PP trainers training differently from sport dog trainers and sometimes, I think you have to re-programa dog that has been trained in PP versus sport and vice versa...


----------



## Howard Gaines III (Dec 26, 2007)

Mari there is something else to think about. Yes, those elbow bites hurt and would have the bad guy going down FAST! In Schutzhund your B & H is done in front of the decoy and the dog cannot touch the decoy. For PP or service work, you would NEVER ask your dog to sit in front of the bad guy. If a bark and hold is done, you do it 6-8 feet away for the dog's safety. We train for the bite and hold, sound is done from the bad guy crying their eyes out. :evil: 

In all cross over activities, change is done. What do you want to train for and why? Then just train...


----------



## Jerry Lyda (Apr 4, 2006)

PP dog trainers may train differently, I have no problem with that. I don't care. As far as APPDA goes I don't care where the dog bites as long as he bites. 

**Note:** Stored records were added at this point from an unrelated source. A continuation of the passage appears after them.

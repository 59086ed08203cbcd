-- ===== src/Topology/Sysfs.antt =====
-- internal/topology/backhaul.go and link.go: what sysfs and `iw` say of an interface.
use Prim.Native.String.{◌++◌}
use text.Mathlib.Text.{starts_with}
use omm.Prelude.{String, Bool, true, false, Option, none, some, List, [], ◌∷◌, ◌==◌, if◌then◌else◌}
use omm.Prelude.Int.{ℤ, pos, ltb_ℤ}
use omm.Strings.{Strings}
use omm.Backhaul.{backhaul_ethernet, backhaul_wireless}
use omm.Topology.{LinkMetrics}
use omm.Topology.Batctl.{Patterns, Runner}

abbrev pub backhaul_unknown : String
backhaul_unknown = "unknown"

-- `fileReader`
abbrev pub Reader : Type 0
Reader = String → Option String

module _ (strings : Strings) where
  unfoldable pub by_operstate : Reader → String → String
  by_operstate read base = elim (read (base ++ "/operstate")) [
    | none ↦ backhaul_unknown
    | some text ↦ if strings.trim_space text == "up" then backhaul_ethernet else backhaul_wireless
  ]

  -- `carrier` decides if it is "1" or "0", and `operstate` if not.
  unfoldable pub sysfs_backhaul : String → Reader → String
  unfolding by_operstate
  sysfs_backhaul iface read =
      let base : String = "/sys/class/net/" ++ iface in
      if iface == "" then backhaul_unknown else elim (read (base ++ "/carrier")) [
        | none ↦ by_operstate read base
        | some text ↦
            if strings.trim_space text == "1"
            then backhaul_ethernet
            else if strings.trim_space text == "0"
            then backhaul_wireless
            else by_operstate read base
      ]

  module _ (patterns : Patterns) where
    -- A line that starts a block names its station.
    unfoldable pub station_of : String → Option String
    station_of line = elim (patterns.macs line) [
      | [] ↦ none
      | mac ∷ more ↦
          if starts_with (strings.trim_space line) "Station"
          then some (strings.to_lower mac)
          else none
    ]

    abbrev number_in : String → Option ℤ
    number_in line = elim (patterns.iw_signal line) [ none ↦ none | some text ↦ patterns.atoi text ]

    -- `in_block` tells whether the last station was the peer.
    unfoldable pub scan_signal : String → Bool → List String → ℤ
    unfolding station_of
    scan_signal peer in_block [] = pos 0
    scan_signal peer in_block (line ∷ rest) = elim (station_of line) [
      | some mac ↦ scan_signal peer (mac == peer) rest
      | none ↦ elim in_block [
        | false ↦ scan_signal peer false rest
        | true ↦ elim (number_in line) [ none ↦ scan_signal peer true rest | some signal ↦ signal ]
      ]
    ]

    unfoldable pub signal_for_station : String → String → ℤ
    unfolding scan_signal
    signal_for_station out peer = scan_signal (strings.to_lower peer) false (strings.lines out)

    unfoldable pub speed : Reader → String → ℤ
    speed read iface = elim (read ("/sys/class/net/" ++ iface ++ "/speed")) [
      | none ↦ pos 0
      | some text ↦ elim (patterns.atoi (strings.trim_space text)) [
        | none ↦ pos 0
        | some mbps ↦ if ltb_ℤ (pos 0) mbps then mbps else pos 0
      ]
    ]

    unfoldable pub signal : Runner → String → String → ℤ
    unfolding signal_for_station
    signal run iface nexthop = elim (run ("iw" ∷ "dev" ∷ iface ∷ "station" ∷ "dump" ∷ [])) [
      | none ↦ pos 0
      | some out ↦ signal_for_station out nexthop
    ]

    unfoldable pub link_metrics : Runner → Reader → (String → Bool) → String → String → LinkMetrics
    unfolding signal speed
    link_metrics run read exists iface nexthop =
        if iface == ""
        then record { kind = ""; speed_mbps = pos 0; signal = pos 0 }
        else if exists ("/sys/class/net/" ++ iface ++ "/phy80211")
        then record { kind = "wireless"; speed_mbps = pos 0; signal = signal run iface nexthop }
        else record { kind = "wired"; speed_mbps = speed read iface; signal = pos 0 }
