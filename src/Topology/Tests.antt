-- ===== src/Topology/Tests.antt =====
-- The theorems about the topology at a controller with one node that reports and one that is silent.
use omm.Prelude.{
  String, ◌≡◌, ◌≢◌, refl, true, false, ◌⊎◌, some, none, List, [], ◌∷◌, ◌||◌, ◌&&◌, All, arith,
}
use omm.Prelude.Int.{ℤ, pos, ◌-ℤ◌, ◌≤ℤ◌}
use omm.Prelude.Sort.{stable_sort, insert_by}
use omm.Topology.{Node, Link, Client, Graph, InventoryNode, bare_node, status_alive}
use omm.Topology.Key.{nul_free-IsNulFree}
use omm.Topology.Collect.{Collector, collect, has_node}
use omm.Topology.Collect.View.{IsView, collect-IsView}
use omm.Topology.Merge.{
  merge_graphs, union_graphs, add_graph, add_reports, add_nodes, add_node, demote, enrich,
  addr_to_id, declare_all, canon, lookup,
}
use omm.Topology.Merge.Nodes.{HasUniqueIds, resolve}
use omm.Topology.Merge.Table.{HasUniquePairs}
use omm.Topology.Merge.Links.{IsClean, IsMerged, merge_graphs_links}
use omm.Topology.Aggregate.{
  Aggregator, ingest, merge, fresh_graphs, fresh_of, is_fresh, newer, put_report,
}
use omm.Topology.Aggregate.Shown.{is_reported, is_own, merge_shows}
use omm.Topology.Aggregate.Liveness.{
  IsUniqueInventory, has_inventory, find_inventory, find_node, merge_status, IsSilent, living,
}

abbrev link : String → String → ℤ → Link
link s d q = record {
  source = s;
  target = d;
  tq = q;
  kind = "wireless";
  signal = pos 0;
  speed_mbps = pos 0;
}

abbrev local : Graph
local = record {
  nodes =
      record (bare_node "ctl" "Controller" "self") { addrs = "aa" ∷ [] }
      ∷ bare_node "bb" "bb" "node"
      ∷ [];
  links = link "ctl" "bb" (pos 200) ∷ [];
  clients = [];
}

abbrev report : Graph
report = record {
  nodes =
      record (bare_node "n1" "Attic" "self") { addrs = "bb" ∷ [] }
      ∷ bare_node "aa" "aa" "node"
      ∷ [];
  links = link "n1" "aa" (pos 180) ∷ link "n1" "aa" (pos 190) ∷ [];
  clients = [];
}

abbrev attic : InventoryNode
attic = record { id = "n1"; label = "Attic"; last_seen = pos 10 }

abbrev shed : InventoryNode
shed = record { id = "n2"; label = ""; last_seen = pos 20 }

abbrev inventory : List InventoryNode
inventory = attic ∷ shed ∷ []

abbrev aggregator : Aggregator
aggregator = record { reports = []; ttl = pos 30; stale_ttl = pos 90 }

abbrev heard : Aggregator
heard = ingest "n1" report (pos 95) aggregator

inventory-IsUniqueInventory : IsUniqueInventory inventory
unfolding has_inventory
inventory-IsUniqueInventory = (refl, (refl, tt))

merge_shows_example :
    HasUniqueIds (merge (pos 100) local inventory heard).nodes
    × ((id : String)
        → has_node id (merge (pos 100) local inventory heard).nodes ≡ (
            ((has_node id local.nodes || is_reported (pos 100) id heard)
              && is_own id (union_graphs local (fresh_graphs (pos 100) heard)).nodes)
            || has_inventory id inventory))
merge_shows_example = merge_shows (pos 100) local inventory heard inventory-IsUniqueInventory

shed_found : find_inventory shed.id inventory ≡ some shed
unfolding find_inventory
shed_found = refl

merge_status_example :
    (n : Node) × (find_node shed.id (merge (pos 100) local inventory heard).nodes ≡ some n)
    × (((has_node shed.id (living (pos 100) local inventory heard) ≡ true)
          × (n.status ≡ status_alive))
        ⊎ ((has_node shed.id (living (pos 100) local inventory heard) ≡ false)
            × IsSilent (pos 100) heard shed n))
merge_status_example = merge_status (pos 100) local inventory heard shed shed_found

within : pos 100 -ℤ aggregator.ttl ≤ℤ pos 95
unfolding ◌-ℤ◌
within = omega arith

n1_reported : has_node "n1" report.nodes ≡ true
unfolding has_node
n1_reported = refl

n1_canonical : resolve local (fresh_graphs (pos 100) heard) "n1" ≡ "n1"
unfolding fresh_graphs ingest put_report fresh_of is_fresh newer stable_sort insert_by union_graphs
    add_graph add_reports add_nodes add_node demote enrich addr_to_id declare_all canon lookup ◌-ℤ◌
n1_canonical = refl

local-IsClean : IsClean local
local-IsClean =
    let ctl = nul_free-IsNulFree "ctl" refl in
    ((ctl, (nul_free-IsNulFree "bb" refl, tt)), (ctl, tt))

report-IsClean : IsClean report
report-IsClean =
    let n1 = nul_free-IsNulFree "n1" refl in
    ((n1, (nul_free-IsNulFree "aa" refl, tt)), (n1, (n1, tt)))

merge_graphs_links_example :
    HasUniquePairs (merge_graphs local (report ∷ [])).links
    × All (IsMerged local (report ∷ []) (merge_graphs local (report ∷ [])).links) local.links
    × All
        (λ g. All (IsMerged local (report ∷ []) (merge_graphs local (report ∷ [])).links) g.links)
        (report ∷ [])
merge_graphs_links_example =
    merge_graphs_links local (report ∷ []) local-IsClean (report-IsClean, tt)

abbrev node : Collector
node = record {
  self_id = "n1";
  self_label = "Attic";
  mesh = some (record { id = "aa"; tq = pos 180; nexthop = "aa"; iface = "mesh0" } ∷ []);
  clients = none;
  backhaul = some "wireless";
  mesh_mode = none;
  link_metrics = none;
  self_addrs = some ("bb" ∷ []);
}

named : node.self_id ≢ ""
named e = cc

collect-IsView_example : IsView node (collect node) × All (λ cl. cl.ap ≢ "") (collect node).clients
collect-IsView_example = collect-IsView node named

abbrev phone : Client
phone = record {
  mac = "ph";
  ap = "bb";
  signal = pos 0;
  band = "";
  tx_rate = pos 0;
  rx_rate = pos 0;
  ip = "";
  hostname = "";
}

abbrev with_phone : Graph
with_phone = record report { clients = phone ∷ phone ∷ [] }
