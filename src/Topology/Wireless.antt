-- ===== src/Topology/Wireless.antt =====
-- internal/topology/wireless.go: the clients that hostapd lists over ubus. A reply is its fields, or
-- none on an error; a map of a reply is the list of its entries.
use omm.Prelude.{
  String, Bool, Option, none, some, List, [], ◌∷◌, ◌++◌, map, ◌==◌, ◌&&◌, not, is_empty,
  if◌then◌else◌,
}
use omm.Prelude.Int.{ℤ, pos, ltb_ℤ}
use omm.Prelude.Sort.{stable_sort}
use omm.Prelude.TextOrder.{text_less}
use omm.Strings.{Strings}
use omm.Topology.{Client}

pub record Vif : Type 0 where
  pub ifname : String
  pub mode : String

pub record Station : Type 0 where
  pub signal : ℤ
  pub rx_rate : ℤ
  pub tx_rate : ℤ

pub record GetClientsResponse : Type 0 where
  pub freq : ℤ
  pub clients : List (String × Station)

unfoldable pub band_from_freq : ℤ → String
band_from_freq (pos omm.Prelude.ℕ.zero) = ""
band_from_freq freq =
    if ltb_ℤ freq (pos 2500) then "2.4GHz" else if ltb_ℤ freq (pos 5925) then "5GHz" else "6GHz"

-- The access points among the interfaces of one radio.
unfoldable pub ap_names : List Vif → List String
ap_names [] = []
ap_names (v ∷ vs) =
    let rest = ap_names vs in
    if (v.mode == "ap") && not (v.ifname == "") then v.ifname ∷ rest else rest

unfoldable pub all_ap_names : List (List Vif) → List String
unfolding ap_names
all_ap_names [] = []
all_ap_names (radio ∷ radios) = ap_names radio ++ all_ap_names radios

-- `apInterfaces`: the configured ones, or those of the status of the radios.
unfoldable pub ap_interfaces : List String → Option (List (List Vif)) → List String
unfolding all_ap_names text_less
ap_interfaces (i ∷ is) status = i ∷ is
ap_interfaces [] none = []
ap_interfaces [] (some radios) = stable_sort text_less (all_ap_names radios)

module _ (strings : Strings) where
  unfoldable pub client_of : String → String × Station → Client
  client_of band (mac, s) = record {
    mac = strings.to_lower mac;
    ap = "";
    signal = s.signal;
    band = band;
    tx_rate = s.tx_rate;
    rx_rate = s.rx_rate;
    ip = "";
    hostname = "";
  }

  -- An interface that does not answer is skipped.
  unfoldable pub clients_on : (String → Option GetClientsResponse) → List String → List Client
  unfolding client_of band_from_freq
  clients_on get_clients [] = []
  clients_on get_clients (iface ∷ rest) =
      let later = clients_on get_clients rest in
      elim (get_clients iface) [
        | none ↦ later
        | some resp ↦ map (client_of (band_from_freq resp.freq)) resp.clients ++ later
      ]

  -- `Clients`
  unfoldable pub clients :
      List String → Option (List (List Vif)) → (String → Option GetClientsResponse) → List Client
  unfolding clients_on ap_interfaces
  clients interfaces status get_clients = clients_on get_clients (ap_interfaces interfaces status)

  -- The map that is written in the order of the clients: the last of a MAC counts.
  unfoldable pub signal_in : List Client → String → Option ℤ
  signal_in [] mac = none
  signal_in (c ∷ cs) mac = elim (signal_in cs mac) [
    | some signal ↦ some signal
    | none ↦ if c.mac == mac then some c.signal else none
  ]

  unfoldable pub signal_by_mac :
      List String
      → Option (List (List Vif))
      → (String → Option GetClientsResponse)
      → String
      → Option ℤ
  unfolding clients signal_in
  signal_by_mac interfaces status get_clients = signal_in (clients interfaces status get_clients)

Now in real life, Again I don't care where the dog bites. If the bad guy has a weapon , the dog should bite and I should run like hell. (That's the safest thing for anyone to do) I would also totally expect my dog to be DEAD. Giving me time to get out of harms way was done by the dog and that is what it's all about. That's the reason PPD are trained, to save our lives.


----------



## Mari Steward (Mar 3, 2008)

Howard Gaines III said:


> Mari there is something else to think about. Yes, those elbow bites hurt and would have the bad guy going down FAST! In Schutzhund your B & H is done in front of the decoy and the dog cannot touch the decoy. For PP or service work, you would NEVER ask your dog to sit in front of the bad guy. If a bark and hold is done, you do it 6-8 feet away for the dog's safety. We train for the bite and hold, sound is done from the bad guy crying their eyes out. :evil:
> 
> In all cross over activities, change is done. What do you want to train for and why? Then just train...


 
Thanks Howard for your post. I have learned with Schutzhund the bite work is much more disciplined. So, am I safe to assume that there are no front bicep or rear bicep bites where the decoy is running from the dog. If that is the case, then I guess in schutzhund the dog would not have the opportunity to get a elbow bite?


----------



## Matthew Grubb (Nov 16, 2007)

Jerry Lyda said:


> If the bad guy has a weapon , the dog should bite and I should run like hell. (That's the safest thing for anyone to do) I would also totally expect my dog to be DEAD. Giving me time to get out of harms way was done by the dog and that is what it's all about. That's the reason PPD are trained, to save our lives.


I made a similar comment about PSD’s at a training class last month… you’d have thought I had three heads from the looks I got.


----------



## Mike Schoonbrood (Mar 27, 2006)

Mari Steward said:


> Thanks Howard for your post. I have learned with Schutzhund the bite work is much more disciplined. So, am I safe to assume that there are no front bicep or rear bicep bites where the decoy is running from the dog. If that is the case, then I guess in schutzhund the dog would not have the opportunity to get a elbow bite?


A Schutzhund dog is taught to bite dead center of the sleeve as presented to them. They have done this over and over so many times that the odds of the dog not doing this in trial is very very slim. If it does happen, its most likely the decoys fault.

Isnt that right, Art??


----------



## Mari Steward (Mar 3, 2008)

Jerry Lyda said:


> PP dog trainers may train differently, I have no problem with that. I don't care. As far as APPDA goes I don't care where the dog bites as long as he bites.
> 
> Now in real life, Again I don't care where the dog bites. If the bad guy has a weapon , the dog should bite and I should run like hell. (That's the safest thing for anyone to do) I would also totally expect my dog to be DEAD. Giving me time to get out of harms way was done by the dog and that is what it's all about. That's the reason PPD are trained, to save our lives.


 
You are so right Jerry, after that is their jobs.:mrgreen:


----------



## David Frost (Mar 29, 2006)

Matthew Grubb said:


> I made a similar comment about PSD’s at a training class last month… you’d have thought I had three heads from the looks I got.


Reality bites.

DFrost


----------



## Howard Gaines III (Dec 26, 2007)

Mari Steward said:


> Thanks Howard for your post. I have learned with Schutzhund the bite work is much more disciplined. So, am I safe to assume that there are no front bicep or rear bicep bites where the decoy is running from the dog. If that is the case, then I guess in schutzhund the dog would not have the opportunity to get a elbow bite?


*If properly trained*, there shouldn't be any top of the sleeve bites. In the escape bite and the courage test, the bite is center sleeve, like Mike said. Some dogs may come into the blind and give you a cheap/illegal bite. Doesn't mean that it can't happen. We train for PP and not Schutzhund. So our dogs often get bad but good decoy bites. I had one that left the leg and got my foot, put a hole into some nice hunting boots. ](*,)


----------



## Howard Gaines III (Dec 26, 2007)

Matthew Grubb said:


> ...you’d have thought I had three heads from the looks I got.


Matt a man of many hats!:mrgreen:


----------



## Matthew Grubb (Nov 16, 2007)

Howard Gaines III said:


> Matt a man of many hats!:mrgreen:


That little bit of dry humot made my day!


----------